After years of collaboration with others, Renzo’s focus over the last few years has been on his solo career and performances, working on his own projects and getting people on board. Working with foreign artists and his constant travels have also helped him to grow and develop as an artist.

Locally, he has formed a successful artistic relationship with Francesca Abela Tranter, the director of Contact Dance Company, with whom he has been working for the last three years.

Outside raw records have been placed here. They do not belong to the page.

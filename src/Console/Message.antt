-- ===== src/Console/Message.antt =====
-- The messages of the control queues, and their bytes, lowest first.
-- (device/virtio-console/src/console_control.rs)
use virtio_device_poc.Base.{ℕ, ◌^◌, ◌<◌, ◌≡◌, Option, none, some, List, ◌++◌, arith}
use virtio_device_poc.Base.Bytes.{le_bytes, from_le_bytes}

pub record VirtioConsoleControl : Type 0 where
  pub id : ℕ
  pub event : ℕ
  pub value : ℕ

pub record VirtioConsoleResize : Type 0 where
  pub rows : ℕ
  pub cols : ℕ

unfoldable pub control_bytes : VirtioConsoleControl → List ℕ
unfolding le_bytes
control_bytes c = le_bytes 4 c.id ++ le_bytes 2 c.event ++ le_bytes 2 c.value

unfoldable pub resize_bytes : VirtioConsoleResize → List ℕ
unfolding le_bytes
resize_bytes r = le_bytes 2 r.rows ++ le_bytes 2 r.cols

-- `read_obj` of a VirtioConsoleControl: `none` if there are fewer than its eight bytes.
unfoldable pub read_control : List ℕ → Option VirtioConsoleControl
unfolding from_le_bytes
read_control bytes = elim (from_le_bytes 4 bytes) [
  | none ↦ none
  | some (id, rest₁) ↦ elim (from_le_bytes 2 rest₁) [
    | none ↦ none
    | some (event, rest₂) ↦ elim (from_le_bytes 2 rest₂) [
      | none ↦ none
      | some (value, rest₃) ↦ some (record { id = id; event = event; value = value })
    ]
  ]
]

pub data Payload : Type 0 where
  console_control : VirtioConsoleControl → Payload
  raw_bytes : List ℕ → Payload

-- `deref` of a payload.
unfoldable pub payload_bytes : Payload → List ℕ
unfolding control_bytes
payload_bytes (console_control c) = control_bytes c
payload_bytes (raw_bytes bytes) = bytes

-- The widths of the fields: u32, u16 and u16.
abbrev pub IsControl : VirtioConsoleControl → Type 0
IsControl c = (c.id < 2 ^ 32) × (c.event < 2 ^ 16) × (c.value < 2 ^ 16)

same_control :
    (c : VirtioConsoleControl) (id event value : ℕ)
    → id ≡ c.id
    → event ≡ c.event
    → value ≡ c.value
    → some (let r : VirtioConsoleControl = record { id = id; event = event; value = value } in r)
      ≡ some c
same_control c id event value p q r = λ j. some (record { id = p j; event = q j; value = r j })

-- Reading the bytes of a control message, whatever follows them, gives the message back.
pub read_control-control_bytes :
    (c : VirtioConsoleControl) (rest : List ℕ)
    → IsControl c
    → read_control (control_bytes c ++ rest) ≡ some c
unfolding read_control control_bytes
read_control-control_bytes c rest (i, e, v) =
    same_control c _ _ _ (omega arith) (omega arith) (omega arith)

“We’ve performed abroad in quite a few countries, most recently in Cyprus. Francesca had already seen my work while I had been following her dance company, which is one of the few in Malta completely dedicated to contemporary dance. There was always this wish to work together, which started with a short piece and developed into a longer piece. I think our work fits together a lot and we’re looking forward to showcasing this work in Malta. I’m eager to see the reaction. I’ve added a lot of new instruments in my work, integrating more and more raw materials. I use a lot of what I call ‘found objects, either recycled materials or something which I've found around me which I think will have an interesting sound. For example, terracotta flowerpots make a beautiful sound, so does conduit piping, and those large H2Only plastic bottles. When people listen to the recordings they would not know that the sounds came from these objects… you really can’t tell. The flower pots, in particular, have an oriental sound and melody, like an ethnic instrument.”

Renzo has continued to collaborate with many other musicians from countries such as Turkey and Argentina, especially if they are rooted in rhythmic music.

“I now work on two different levels, on world music, and on the other more contemporary setting with people like Francesca. I am also working with composers from Queen’s University in Belfast. I dedicate my time completely to my music; in fact I don’t have time for anything else, even if I wanted to! On a local level, I’m pleased that I’m getting more recognition now. I felt so good after I did my solo performance two years ago, all I wanted was to just fill up 100 seats at St James and I would have been happy – but I ended up having to do repeat performances. Eventually, I had to tell them to stop because I couldn’t continue. I only repeated the performance again during the Caravaggio exhibit when I was asked to do it again. Whereas before, my type of music used to only attract a limited audience, things have now really changed.”

He agrees that, unfortunately, the work of local artists is sometimes only validated and appreciated if they go abroad or collaborate with foreigners. There is the feeling that, “ah then, he must be good…”

“When you bring foreign musicians to play here and local audiences see the collaboration between Maltese and foreigners it is always a bonus, and frankly, it gives it a boost. It shouldn’t be that way, but it is.”

Renzo will be performing two pieces live with Francesca’s group. The first piece is made up of three movements – the first two heavily influenced by composer John Cage which he wrote for prepared piano. He devised this by throwing bolts and pieces of paper onto the piano strings to give it an unorthodox percussive sound, and Renzo has adapted it as a piece to be played on percussion.

The third movement is his own

original work.

For the second piece Poetry in Motion, he started with a pencil scratching on paper which was then developed into more rhythmic effects. He also employed his own voice in this. Some pieces were developed while watching the dancers rehearsing, during which he found himself being influenced by their movement and presence.

"The dancers and I have come to know each other quite well because of our travels together, so this has helped our collaboration even more," Renzo says in conclusion.